Mitsubishi PajeroThe last few days, weeks I have been thinking a lot about my goals again as I felt I was not really focused on them. And today or yesterday I realized I have been much more focused on the things that stand between me and my goals than on the goals itself. Like e.g. I have been focused on my internet problems, which was kind of logical while I had no or virtually no internet access at home, at my office. But that problem has basically been solved, even though there are still problems with the current connection. And they are serious problems, but right now it is not really that urgent to solve it and it won’t be easy to solve anyhow as it involves the infrastructure of Globe over which I have no direct control.
So I’m starting to realize that I seem to focus much more on the challenges, the problems on the way and try to solve them, than on reaching my goals. And being the emotional person I am these things take a lot of energy and often kind of paralyze me, as when I feel very stressed, like yesterday, this morning and even until now, I kind of stop doing things, or at least it takes me a lot of time to get going again. Which brings me in some kind of downward spiral, as being an evening type of person I often keep going at night, meaning I don’t get enough rest and while going to bed my mind is still full of all the problems, the challenges, instead of having a relaxed evening and going to bed calm.

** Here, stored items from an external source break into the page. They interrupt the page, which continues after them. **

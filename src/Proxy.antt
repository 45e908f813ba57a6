-- ===== src/Proxy.antt =====
-- attestor/proxy/main.go: the proxy that stands between an attestor and its services, and answers in
-- their place when the relay is measured. The reverse proxy of the standard library, `url.Parse` and
-- the requests themselves are parameters.
pub mod Laws
pub mod RoundTrip
pub mod Served
pub mod Measured
use verulink.Base.{
  ℕ, zero, suc, ◌-◌, ◌^◌, Bool, true, false, ◌&&◌, ◌||◌, List, [], ◌∷◌, ◌++◌, Bytes, codes, eqb,
  Option, none, some, Result, ok, err, panics, or_panic, ◌>>=◌, if◌then◌else◌, ltb, leb, length,
  last?, get_elem?, split, starts_with,
}
use verulink.Chain.BigInt.{ℤ, pos, negsuc, itoa, big_string, set_string}

pub record Answer : Type 0 where
  pub status : ℕ
  pub headers : List (Bytes × Bytes)
  pub body : Bytes

-- The arguments of the `Sprintf` that writes a packet.
pub record Printed : Type 0 where
  pub version : ℕ
  pub sequence : ℤ
  pub source_chain_id : ℤ
  pub source_address : Bytes
  pub dest_chain_id : ℤ
  pub dest_address : Bytes
  pub sender_address : Bytes
  pub dest_token_address : Bytes
  pub amount : Bytes
  pub receiver_address : Bytes
  pub height : ℕ

unfoldable pub packet_text : Printed → Bytes
packet_text p =
    codes "{\\n  version: "
    ++ (itoa p.version
        ++ (codes "u8,\\n  sequence: "
            ++ (big_string p.sequence
                ++ (codes "u64 ,\\n  source: {\\n    chain_id: "
                    ++ (big_string p.source_chain_id
                        ++ (codes "u128,\\n    addr: "
                            ++ (p.source_address
                                ++ (codes "\\n  },\\n  destination: {\\n    chain_id: "
                                    ++ (big_string p.dest_chain_id
                                        ++ (codes "u128,\\n    addr: "
                                            ++ (p.dest_address
                                                ++ (codes
                                                      "},\\n  message: {\\n        sender_address: "
                                                    ++ (p.sender_address
                                                        ++ (codes ",\\n  dest_token_address: "
                                                            ++ (p.dest_token_address
                                                            ++ (codes ",\\n  amount: "
                                                            ++ (p.amount
                                                            ++ (codes "u128,\\n  receiver_address: "
                                                            ++ (p.receiver_address
                                                            ++ (codes "\\n     },\\n  height: "
                                                            ++ (itoa p.height
                                                            ++ codes "u64\\n}")))))))))))))))))))))

abbrev pub model_eth_address : Bytes
model_eth_address =
    codes "[ 0u8, 0u8, 0u8, 0u8, 0u8, 0u8, 0u8, 0u8, 0u8, 0u8, 0u8, 0u8, 20u8, 119u8, 159u8, "
    ++ codes "153u8, 43u8, 47u8, 44u8, 66u8, 184u8, 102u8, 15u8, 250u8, 66u8, 219u8, 203u8, "
    ++ codes "60u8, 124u8, 153u8, 48u8, 176u8 ]"

abbrev pub model_aleo_address : Bytes
model_aleo_address = codes "aleo1fcg4k0sacadavag292p7x9ggm6889aay6wn9m8ftnmynh67cg5xsx8ycu8"

-- The packet that the proxy answers with, whatever chain is asked for.
abbrev pub model_packet : ℤ → Printed
model_packet seq_int = record {
  version = 0;
  sequence = seq_int;
  source_chain_id = pos 6694886634403;
  source_address = model_aleo_address;
  dest_chain_id = pos 28556963657430695;
  dest_address = model_eth_address;
  sender_address = model_aleo_address;
  dest_token_address = model_eth_address;
  amount = codes "100";
  receiver_address = model_eth_address;
  height = 105;
}

-- `strings.Contains`.
abbrev pub contains : Bytes → Bytes → Bool
contains [] pattern = starts_with pattern []
contains (c ∷ s) pattern = let rest = contains s pattern in starts_with pattern (c ∷ s) || rest

abbrev pub first_prefix : List Bytes → Bytes → Option Bytes
first_prefix [] s = none
first_prefix (p ∷ patterns) s =
    let rest = first_prefix patterns s in if starts_with p s then some p else rest

-- The replacer that drops the patterns; the number counts the bytes of an occurrence that are still
-- to be dropped.
unfoldable pub replace : List Bytes → ℕ → Bytes → Bytes
replace patterns skip [] = []
replace patterns (suc skip) (c ∷ s) = replace patterns skip s
replace patterns zero (c ∷ s) = elim (first_prefix patterns (c ∷ s)) [
  | none ↦ c ∷ replace patterns zero s
  | some p ↦ replace patterns (length p - 1) s
]

abbrev pub dropped : List Bytes
dropped = codes "sequence:" ∷ codes "u64" ∷ codes "%7D" ∷ []

abbrev in_int : ℤ → Bool
in_int (pos n) = ltb n (2 ^ 63)
in_int (negsuc n) = ltb n (2 ^ 63)

abbrev when_int : ℤ → Option ℤ
when_int z = if in_int z then some z else none

-- `strconv.Atoi`, where `none` stands for its errors.
abbrev pub atoi_int : Bytes → Option ℤ
atoi_int s = elim (set_string s) [ none ↦ none | some z ↦ when_int z ]

abbrev pub answer : ℕ → Bytes → Answer
answer status body = record { status = status; headers = []; body = body }

-- An index that is out of range panics.
unfoldable pub requested_sequence : Bytes → Result Bytes
unfolding replace
requested_sequence url = do
  last ← or_panic (last? (split b'/' url))
  found ← or_panic (get_elem? (split b',' last) 1)
  ok (replace dropped 0 found)

-- A number that is none is answered with nothing, which is status 200.
unfoldable pub serve_http : Bytes → Result Answer
unfolding requested_sequence packet_text eqb
serve_http url =
    if eqb url (codes "/testnet/latest/height")
    then ok (answer 200 (codes "1000"))
    else if contains url (codes "collector")
    then ok (answer 201 (codes "100"))
    else (do
      seq ← requested_sequence url
      ok (elim (atoi_int seq) [
        | none ↦ answer 200 []
        | some seq_int ↦ answer 200 (packet_text (model_packet seq_int))
      ]))

-- The handler sets a header before it answers; what the reverse proxy answers is a parameter.
unfoldable pub handler : Bool → (Bytes → Result Answer) → Bytes → Result Answer
unfolding serve_http
handler bench_mark reverse_proxy url = do
  a ← if bench_mark then serve_http url else reverse_proxy url
  ok (record a { headers = (codes "X-Ben", codes "Rad") ∷ a.headers })

-- The flags are checked and the remote url is parsed before the proxy serves.
unfoldable pub start :
    (Bytes → Result Bytes)
    → (Bytes → Bytes → Result Answer)
    → Bool
    → Bytes
    → Bytes
    → Result (Bytes → Result Answer)
unfolding handler eqb
start parse single_host bench_mark remote_url port =
    if eqb remote_url [] || eqb port [] then panics else elim (parse remote_url) [
      | ok remote ↦ ok (handler bench_mark (single_host remote))
      | err e ↦ panics
      | panics ↦ panics
    ]
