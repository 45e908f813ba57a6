-- ===== src/Proxy/Laws.antt =====
-- The aleo client (attestor/chainService/chain/aleo) reads off the text that attestor/proxy/main.go
-- writes of a packet, cut into labelled values.
use verulink.Base.{
  ℕ, ◌<◌, ◌^◌, ◌≡◌, refl, ap, ◌∙◌, true, [], ◌∷◌, ◌++◌, append_assoc, map, List, Bytes, codes, All,
  length, arith, split, ok,
}
use verulink.Chain.BigInt.{ℤ, pos, itoa, big_string}
use verulink.Aleo.Fields.{trim, split_all, parse_message}
use verulink.Aleo.Amounts.{plain-big_string, big_string-IsQuiet}
use verulink.Aleo.Labelled.{
  Value, text, array, text_of, words_of, Field, render, IsStorable, IsField, words, label_text,
  split_all-render,
}
use verulink.Aleo.Address.{word}
use verulink.Aleo.Cut.{plain, ends_plain}
use verulink.Aleo.Loop.{IsQuiet, words-IsQuiet}
use verulink.Aleo.Words.{PacketWords, packet_words, packet_of, IsPacket, checked-packet_words}
use verulink.Proxy.{Printed, packet_text}

abbrev pub array_value : Bytes → Value
array_value [] = text []
array_value (b ∷ bs) = array b bs

-- What a packet holds, and the arguments that print it: the arrays as the aleo program has them.
pub record Content : Type 0 where
  pub version : ℕ
  pub sequence : ℕ
  pub source_chain_id : ℤ
  pub source_address : Bytes
  pub dest_chain_id : ℤ
  pub destination : Bytes
  pub sender : Bytes
  pub token : Bytes
  pub amount : ℕ
  pub receiver : Bytes
  pub height : ℕ

abbrev pub printed : Content → Printed
printed c = record {
  version = c.version;
  sequence = pos c.sequence;
  source_chain_id = c.source_chain_id;
  source_address = c.source_address;
  dest_chain_id = c.dest_chain_id;
  dest_address = text_of (array_value c.destination);
  sender_address = c.sender;
  dest_token_address = text_of (array_value c.token);
  amount = itoa c.amount;
  receiver_address = text_of (array_value c.receiver);
  height = c.height;
}

abbrev pub IsArray : Bytes → Type 0
IsArray bs = All (λ (b : ℕ). b < 256) bs × (length bs ≡ 32)

-- The numbers fit their types, the arrays have 32 bytes, and the addresses of the aleo chain can
-- stand between the separators.
pub record IsContent (c : Content) : Type 0 where
  pub version : c.version < 256
  pub sequence : c.sequence < 2 ^ 64
  pub source_plain : plain c.source_address ≡ true
  pub source_quiet : IsQuiet c.source_address
  pub destination : IsArray c.destination
  pub sender_plain : plain c.sender ≡ true
  pub sender_quiet : IsQuiet c.sender
  pub token : IsArray c.token
  pub receiver : IsArray c.receiver
  pub height : c.height < 2 ^ 64

abbrev field : Bytes → List Bytes → Value → Field
field literal labels value = record { literal = literal; labels = labels; value = value }

abbrev pub first_field : Content → Field
first_field c =
    field (codes "{\\n  version: ") (codes "version" ∷ []) (text (itoa c.version ++ codes "u8"))

abbrev pub later_fields : Content → List Field
later_fields c =
    field (codes ",\\n  sequence: ") (codes "sequence" ∷ []) (text (itoa c.sequence ++ codes "u64"))
    ∷ field (codes " ,\\n  source: {\\n    chain_id: ") (codes "source" ∷ codes "chain_id" ∷ [])
        (text (big_string c.source_chain_id ++ codes "u128"))
    ∷ field (codes ",\\n    addr: ") (codes "addr" ∷ []) (text c.source_address)
    ∷ field (codes "\\n  },\\n  destination: {\\n    chain_id: ")
        (codes "destination" ∷ codes "chain_id" ∷ [])
        (text (big_string c.dest_chain_id ++ codes "u128"))
    ∷ field (codes ",\\n    addr: ") (codes "addr" ∷ []) (array_value c.destination)
    ∷ field (codes "},\\n  message: {\\n        sender_address: ")
        (codes "message" ∷ codes "sender_address" ∷ []) (text c.sender)
    ∷ field (codes ",\\n  dest_token_address: ") (codes "dest_token_address" ∷ [])
        (array_value c.token)
    ∷ field (codes ",\\n  amount: ") (codes "amount" ∷ []) (text (itoa c.amount ++ codes "u128"))
    ∷ field (codes ",\\n  receiver_address: ") (codes "receiver_address" ∷ [])
        (array_value c.receiver)
    ∷ field (codes "\\n     },\\n  height: ") (codes "height" ∷ [])
        (text (itoa c.height ++ codes "u64"))
    ∷ []

packet_text-render :
    (c : Content) → packet_text (printed c) ≡ render (first_field c ∷ later_fields c) (codes "\\n}")
unfolding packet_text big_string
packet_text-render c = simp append_assoc

array_value-IsStorable : (bs : Bytes) → IsArray bs → IsStorable (array_value bs)
array_value-IsStorable [] h = refl
array_value-IsStorable (b ∷ bs) h = h.0

words_of-array_value : (bs : Bytes) → IsArray bs → words_of (array_value bs) ≡ map word bs
words_of-array_value [] h = absurd (omega (arith, h.1))
words_of-array_value (b ∷ bs) h = refl

plain-number : (n : ℕ) (suffix : Bytes) → plain suffix ≡ true → plain (itoa n ++ suffix) ≡ true
plain-number n suffix h = unfold big_string in plain-big_string (pos n) suffix h

first_field-IsField : (c : Content) → IsField [] (first_field c)
unfolding trim
first_field-IsField c = record {
  ends = refl;
  trimmed = refl;
  labels_plain = (refl, tt);
  value_plain = plain-number c.version (codes "u8") refl;
}

-- A field with one label, and one with two.
labelled :
    (literal k : Bytes) (v : Value)
    → ends_plain literal ≡ true
    → trim literal ≡ codes "," ++ label_text (k ∷ [])
    → plain k ≡ true
    → IsStorable v
    → IsField (codes ",") (field literal (k ∷ []) v)
labelled literal k v e t l i = record {
  ends = e;
  trimmed = t;
  labels_plain = (l, tt);
  value_plain = i;
}

labelled_twice :
    (literal k j : Bytes) (v : Value)
    → ends_plain literal ≡ true
    → trim literal ≡ codes "," ++ label_text (k ∷ j ∷ [])
    → plain k ≡ true
    → plain j ≡ true
    → IsStorable v
    → IsField (codes ",") (field literal (k ∷ j ∷ []) v)
labelled_twice literal k j v e t l m i = record {
  ends = e;
  trimmed = t;
  labels_plain = (l, (m, tt));
  value_plain = i;
}

later_fields-IsField : (c : Content) → IsContent c → All (IsField (codes ",")) (later_fields c)
unfolding trim
later_fields-IsField c h = (
  labelled _ _ _ refl refl refl (plain-number c.sequence (codes "u64") refl),
  (
    labelled_twice _ _ _ _ refl refl refl refl
        (plain-big_string c.source_chain_id (codes "u128") refl),
    (
      labelled _ _ _ refl refl refl h.source_plain,
      (
        labelled_twice _ _ _ _ refl refl refl refl
            (plain-big_string c.dest_chain_id (codes "u128") refl),
        (
          labelled _ _ _ refl refl refl (array_value-IsStorable c.destination h.destination),
          (
            labelled_twice _ _ _ _ refl refl refl refl h.sender_plain,
            (
              labelled _ _ _ refl refl refl (array_value-IsStorable c.token h.token),
              (
                labelled _ _ _ refl refl refl (plain-number c.amount (codes "u128") refl),
                (
                  labelled _ _ _ refl refl refl (array_value-IsStorable c.receiver h.receiver),
                  (labelled _ _ _ refl refl refl (plain-number c.height (codes "u64") refl), tt),
                ),
              ),
            ),
          ),
        ),
      ),
    ),
  ),
)

-- The words between the names.
abbrev pub content_words : Content → PacketWords
content_words c = record {
  version = itoa c.version ++ codes "u8";
  sequence = itoa c.sequence ++ codes "u64";
  source_chain_id = big_string c.source_chain_id ++ codes "u128";
  source_address = c.source_address;
  dest_chain_id = big_string c.dest_chain_id ++ codes "u128";
  destination = map word c.destination;
  sender = c.sender;
  token = map word c.token;
  amount = itoa c.amount ++ codes "u128";
  receiver = map word c.receiver;
  height = itoa c.height ++ codes "u64";
}

words_lem :
    (c : Content)
    → IsContent c
    → words (first_field c ∷ later_fields c) ≡ packet_words (content_words c)
words_lem c h =
    rw
      (
        words_of-array_value c.destination h.destination,
        words_of-array_value c.token h.token,
        words_of-array_value c.receiver h.receiver,
      )
      refl

length-map-word : (bs : Bytes) → length (map word bs) ≡ length bs
length-map-word [] = refl
length-map-word (b ∷ bs) = omega (arith, length-map-word bs)

number-IsQuiet : (n : ℕ) (suffix : Bytes) → IsQuiet (itoa n ++ suffix)
number-IsQuiet n suffix = unfold big_string in big_string-IsQuiet (pos n) suffix

content_words-IsPacket : (c : Content) → IsContent c → IsPacket (content_words c)
content_words-IsPacket c h = record {
  version = number-IsQuiet c.version (codes "u8");
  sequence = number-IsQuiet c.sequence (codes "u64");
  source_chain_id = big_string-IsQuiet c.source_chain_id (codes "u128");
  source_address = h.source_quiet;
  dest_chain_id = big_string-IsQuiet c.dest_chain_id (codes "u128");
  destination = words-IsQuiet c.destination h.destination.0;
  destination_length = length-map-word c.destination ∙ h.destination.1;
  sender = h.sender_quiet;
  token = words-IsQuiet c.token h.token.0;
  token_length = length-map-word c.token ∙ h.token.1;
  amount = number-IsQuiet c.amount (codes "u128");
  receiver = words-IsQuiet c.receiver h.receiver.0;
  receiver_length = length-map-word c.receiver ∙ h.receiver.1;
  height = number-IsQuiet c.height (codes "u64");
}

-- The fields are found in the text.
pub parse_message-packet_text :
    (c : Content)
    → IsContent c
    → parse_message (packet_text (printed c)) ≡ ok (packet_of (content_words c))
unfolding parse_message
parse_message-packet_text c h =
    let end : trim (codes "\\n}") ≡ [] = unfold trim in refl in
    let cut_text : split_all (split b',' (trim (packet_text (printed c))))
        ≡ packet_words (content_words c) =
      ap (λ (t : Bytes). split_all (split b',' (trim t))) (packet_text-render c)
      ∙ split_all-render (first_field c) (later_fields c) (codes "\\n}") (first_field-IsField c)
          (later_fields-IsField c h) end
      ∙ words_lem c h in
    rw cut_text (checked-packet_words (content_words c) (content_words-IsPacket c h))
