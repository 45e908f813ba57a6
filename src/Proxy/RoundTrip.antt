-- ===== src/Proxy/RoundTrip.antt =====
-- The packet that the aleo client (attestor/chainService/chain/aleo) gets of a text that
-- attestor/proxy/main.go writes.
use verulink.Base.{
  ℕ, ◌<◌, ◌^◌, ◌%◌, ◌≡◌, refl, false, ◌∷◌, ◌++◌, map, Bytes, codes, Result, ok, arith, drop, join,
  eqb,
}
use verulink.Chain.{Packet}
use verulink.Chain.BigInt.{pos, itoa, big_string}
use verulink.Aleo.Parse.{
  number, parse_aleo_packet, parse_aleo_eth_addr_to_hex_string, construct_out_mapping_key,
}
use verulink.Aleo.Amounts.{number-big_string, amount-itoa}
use verulink.Aleo.Address.{word, parse_aleo_eth_addr-joined_words}
use verulink.Aleo.Words.{packet_of}
use verulink.Aleo.Client.{Client, url, get_pkt_with_seq}
use verulink.Proxy.{packet_text}
use verulink.Proxy.Laws.{
  Content, IsContent, IsArray, printed, content_words, parse_message-packet_text,
}

-- The packet of a content: of each array, the address of its last 20 bytes.
abbrev pub decoded : (Bytes → Bytes) → Content → Packet
decoded bytes_to_address c = record {
  version = c.version;
  source = record { chain_id = c.source_chain_id; address = c.source_address };
  destination = record {
    chain_id = c.dest_chain_id;
    address = bytes_to_address (drop 12 c.destination);
  };
  sequence = c.sequence;
  message = record {
    dest_token_address = bytes_to_address (drop 12 c.token);
    sender_address = c.sender;
    amount = pos c.amount;
    receiver_address = bytes_to_address (drop 12 c.receiver);
  };
  height = c.height;
  is_missed = false;
}

number-itoa :
    (u : ℕ) (suffix error : Bytes) (n : ℕ)
    → b'9' < u
    → number (u ∷ suffix) error (itoa n ++ u ∷ suffix) ≡ ok (pos n)
number-itoa u suffix error n h = unfold big_string in number-big_string u suffix error (pos n) h

module _ (bytes_to_address : Bytes → Bytes) (c : Content) (h : IsContent c) where
  array_lem :
      (bs : Bytes)
      → IsArray bs
      → parse_aleo_eth_addr_to_hex_string bytes_to_address (join b' ' (map word bs))
        ≡ ok (bytes_to_address (drop 12 bs))
  array_lem bs a = parse_aleo_eth_addr-joined_words bytes_to_address bs a.0 a.1

  parse_aleo_packet-content_words :
      parse_aleo_packet bytes_to_address (packet_of (content_words c))
      ≡ ok (decoded bytes_to_address c)
  unfolding parse_aleo_packet
  parse_aleo_packet-content_words =
      let failed : Bytes = codes "failed to parse version" in
      let version : c.version % 2 ^ 64 % 2 ^ 8 ≡ c.version = omega (arith, h.version) in
      let sequence : c.sequence % 2 ^ 64 ≡ c.sequence = omega (arith, h.sequence) in
      let height : c.height % 2 ^ 64 ≡ c.height = omega (arith, h.height) in
      rw
        (
          number-itoa b'u' (codes "8") failed c.version (omega arith),
          number-itoa b'u' (codes "64") (codes "failed to parse sequence") c.sequence (omega arith),
          number-big_string b'u' (codes "128") failed c.source_chain_id (omega arith),
          number-big_string b'u' (codes "128") failed c.dest_chain_id (omega arith),
          array_lem c.destination h.destination,
          array_lem c.token h.token,
          array_lem c.receiver h.receiver,
          amount-itoa c.amount,
          number-itoa b'u' (codes "64") failed c.height (omega arith),
          version,
          sequence,
          height,
        )
        refl

  -- The aleo client reads a packet off the text that is printed of it, each of its fields: the numbers
  -- in the ranges of their types, the chain ids and the amount of any size, the addresses of the
  -- aleo chain as they stand, and of each array of 32 bytes the address of its last 20 bytes. The
  -- node has answered the client's question with that text, and the addresses of the aleo chain
  -- hold no byte that is dropped or cut at, and are none of the names of the fields.
  pub get_pkt_with_seq-packet_text :
      (get : Bytes → Result Bytes) (cl : Client) (dst : Bytes) (seq_num : ℕ)
      → get (
          url get cl
          ++ codes "/program/"
          ++ cl.program_id
          ++ codes "/mapping/"
          ++ codes "out_packets"
          ++ codes "/"
          ++ construct_out_mapping_key dst seq_num)
        ≡ ok (packet_text (printed c))
      → get_pkt_with_seq get cl bytes_to_address dst seq_num ≡ ok (decoded bytes_to_address c)
  unfolding get_pkt_with_seq
  get_pkt_with_seq-packet_text get cl dst seq_num e =
      let present : eqb (packet_text (printed c)) (codes "null") ≡ false =
        unfold packet_text eqb in refl in
      rw (e, present, parse_message-packet_text c h, parse_aleo_packet-content_words) refl
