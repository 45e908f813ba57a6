-- ===== src/Proxy/Served.antt =====
-- What attestor/proxy/main.go answers to the questions of the aleo client
-- (attestor/chainService/chain/aleo) when the relay is measured.
use verulink.Base.{
  ℕ, suc, ◌<◌, ◌^◌, ◌≡◌, refl, ap, ◌∙◌, true, false, List, [], ◌∷◌, ◌++◌, append-nil, some, none,
  Bytes, codes, eqb, ok, All, arith, split, last?, Bool-cases, inl, inr, ltb, ◌==◌,
}
use verulink.Chain.BigInt.{
  ℤ, pos, negsuc, itoa, big_string, set_string, set_string-big_string, IsDigit, All-itoa,
}
use verulink.Aleo.Address.Array.{lacks, split-lacks, split-lacks_end}
use verulink.Proxy.{
  answer, packet_text, model_packet, contains, replace, dropped, first_prefix, requested_sequence,
  serve_http,
}

-- The last part of a request for a packet: the key of the mapping, with its braces escaped.
abbrev pub escaped_key : ℤ → ℕ → Bytes
escaped_key dst seq_num =
    (codes "%7Bchain_id:" ++ (big_string dst ++ codes "u128"))
    ++ b',' ∷ (codes "sequence:" ++ (itoa seq_num ++ codes "u64%7D"))

last?-snoc : (w : Bytes) (ws : List Bytes) (k : Bytes) → last? (w ∷ (ws ++ k ∷ [])) ≡ some k
last?-snoc w [] k = refl
last?-snoc w (v ∷ ws) k = last?-snoc v ws k

split-last :
    (sep : ℕ) (s key : Bytes)
    → lacks sep key ≡ true
    → (w : Bytes) × (ws : List Bytes) × (split sep (s ++ sep ∷ key) ≡ w ∷ (ws ++ key ∷ []))
split-last sep [] key h =
    let same : (sep == sep) ≡ true = ground arith in
    ([], [], rw (split, same, split-lacks_end sep key h))
split-last sep (c ∷ s) key h =
    let (w, ws, e) = split-last sep s key h in
    elim (Bool-cases (c == sep)) [
      | inl same ↦ ([], w ∷ ws, rw (split, same, e))
      | inr other ↦ (c ∷ w, ws, rw (split, other, e))
    ]

lacks-append :
    (sep : ℕ) (w rest : Bytes)
    → lacks sep w ≡ true
    → lacks sep rest ≡ true
    → lacks sep (w ++ rest) ≡ true
lacks-append sep [] rest h r = r
lacks-append sep (c ∷ w) rest h r = ground (arith, lacks-append sep w rest)

-- A byte below the digits that is no sign.
lacks-digits : (sep : ℕ) (w : Bytes) → sep < b'0' → All IsDigit w → lacks sep w ≡ true
lacks-digits sep [] h d = refl
lacks-digits sep (c ∷ w) h d =
    let other : (c == sep) ≡ false = ground arith in rw (other, lacks-digits sep w h d.1)

lacks-big_string :
    (sep : ℕ) (z : ℤ) → sep < b'0' → (b'-' == sep) ≡ false → lacks sep (big_string z) ≡ true
unfolding big_string
lacks-big_string sep (pos n) h o = lacks-digits sep (itoa n) h (All-itoa n)
lacks-big_string sep (negsuc n) h o = rw (o, lacks-digits sep (itoa (suc n)) h (All-itoa (suc n)))

replace_kept :
    (patterns : List Bytes) (c : ℕ) (s : Bytes)
    → first_prefix patterns (c ∷ s) ≡ none
    → replace patterns 0 (c ∷ s) ≡ c ∷ replace patterns 0 s
unfolding replace
replace_kept patterns c s e = rw (replace, e)

first_prefix-digit : (c : ℕ) (s : Bytes) → IsDigit c → first_prefix dropped (c ∷ s) ≡ none
first_prefix-digit c s h =
    let s' : (b's' == c) ≡ false = ground arith in
    let u : (b'u' == c) ≡ false = ground arith in
    let p : (b'%' == c) ≡ false = ground arith in rw (s', u, p)

replace-digits :
    (w rest : Bytes) → All IsDigit w → replace dropped 0 (w ++ rest) ≡ w ++ replace dropped 0 rest
replace-digits [] rest h = refl
replace-digits (c ∷ w) rest h =
    replace_kept dropped c (w ++ rest) (first_prefix-digit c (w ++ rest) (h.0.0, h.0.1))
    ∙ ap (λ (t : Bytes). c ∷ t) (replace-digits w rest h.1)

module _ (dst : ℤ) (seq_num : ℕ) where
  abbrev chain_part : Bytes
  chain_part = codes "%7Bchain_id:" ++ (big_string dst ++ codes "u128")

  abbrev sequence_part : Bytes
  sequence_part = codes "sequence:" ++ (itoa seq_num ++ codes "u64%7D")

  lacks_slash : lacks b'/' (escaped_key dst seq_num) ≡ true
  lacks_slash =
      lacks-append b'/' chain_part (b',' ∷ sequence_part)
        (lacks-append b'/' (big_string dst) (codes "u128")
          (lacks-big_string b'/' dst (omega arith) refl) refl)
        (lacks-append b'/' (itoa seq_num) (codes "u64%7D")
          (lacks-digits b'/' (itoa seq_num) (omega arith) (All-itoa seq_num)) refl)

  split_key : split b',' (escaped_key dst seq_num) ≡ chain_part ∷ sequence_part ∷ []
  split_key =
      split-lacks b',' chain_part sequence_part (
        lacks-append b',' (big_string dst) (codes "u128")
          (lacks-big_string b',' dst (omega arith) refl) refl)
      ∙ ap (λ (l : List Bytes). chain_part ∷ l)
          (split-lacks_end b',' sequence_part (
            lacks-append b',' (itoa seq_num) (codes "u64%7D")
              (lacks-digits b',' (itoa seq_num) (omega arith) (All-itoa seq_num)) refl))

  replaced : replace dropped 0 sequence_part ≡ itoa seq_num
  replaced =
      let tail : replace dropped 0 (codes "u64%7D") ≡ [] = unfold replace in refl in
      let head : replace dropped 0 sequence_part
          ≡ replace dropped 0 (itoa seq_num ++ codes "u64%7D") =
        unfold replace in refl in
      head
      ∙ replace-digits (itoa seq_num) (codes "u64%7D") (All-itoa seq_num)
      ∙ rw (tail, append-nil)

  requested_sequence-escaped_key :
      (s : Bytes) → requested_sequence (s ++ b'/' ∷ escaped_key dst seq_num) ≡ ok (itoa seq_num)
  unfolding requested_sequence
  requested_sequence-escaped_key s =
      let (w, ws, e) = split-last b'/' s (escaped_key dst seq_num) lacks_slash in
      rw (e, last?-snoc w ws (escaped_key dst seq_num), split_key, replaced) refl

-- When the relay is measured, a request for the packet of a number, in the range of `int`, is
-- answered with the model packet of that number. The url is of no other kind: it is not that of the
-- latest height, and the name of the collector is not in it.
pub serve_http-escaped_key :
    (s : Bytes) (dst : ℤ) (seq_num : ℕ)
    → seq_num < 2 ^ 63
    → eqb (s ++ b'/' ∷ escaped_key dst seq_num) (codes "/testnet/latest/height") ≡ false
    → contains (s ++ b'/' ∷ escaped_key dst seq_num) (codes "collector") ≡ false
    → serve_http (s ++ b'/' ∷ escaped_key dst seq_num)
      ≡ ok (answer 200 (packet_text (model_packet (pos seq_num))))
unfolding serve_http
serve_http-escaped_key s dst seq_num small no_height no_collector =
    let read : set_string (itoa seq_num) ≡ some (pos seq_num) =
      unfold big_string in set_string-big_string (pos seq_num) in
    let in_range : ltb seq_num (2 ^ 63) ≡ true = ground arith in
    rw (no_height, no_collector, requested_sequence-escaped_key dst seq_num s, read, in_range) refl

But as all adversity and negative experience have their advantage according to Napoleon Hill, one of my great inspirors, this afternoon I came up with an idea. And the idea is basically not really my own only as it builds upon a lot of ideas of other people. So this idea is based on the idea of ‘creation box’ from Abraham Hicks. And on the idea of Vision Board, something I don’t know who invented it.

Dream vision

So while watching at the images of my goals and dreams that hang outside of our bedroom, together with the sample of how easy it is to reach a goal, I came up to give my challenges, my problems on the way to my goal, a place, make them visible in a way to be able to handle them better. So I came up with the idea of a challenge box, similar to the idea of the creation box. And as I often try to make things visible I realized it should be located between (the representation of) my goals and me. And often ‘me, now’ is on the bed in the bedroom when thinking of my goals, and (the representation of) my goals and dreams are printed papers hanging from the railing of our bedroom balcony. So I just looked for a box, a shoe box or something, put it in between and took some clean papers to write down my challenges and put them in the box. So they have a (visible) place now.

Dream vision

And I realized that I just choose to focus on the problems, on the challenges. I could e.g. just go around them. So I make choices to go for the problems and not let them be and find other ways or something.

Dream vision with challenges

Dreams, dream box and challenges

And looking at the whole thing visualized gave me a lot of perspective, as the challenges are not that big and can be easily even avoided by just walking around them.

And I know there is a lot more to this and it’s not as easy as just printing images of dreams and putting challenges in a (small) box. But visualizing things, and yes, taking action by just searching for a shoe box and writing your challenges down I can certainly recommend. Why not start now? It took me only like fifteen minutes and it gave me a lot of perspective and peace, so I guess it could do the same for you.

And I also saw in the photo’s the view in the background, all those things I already have, all those things that I can enjoy. And they appear much, much bigger than my dreams on the papers and in the dream box. And much bigger than my challenges.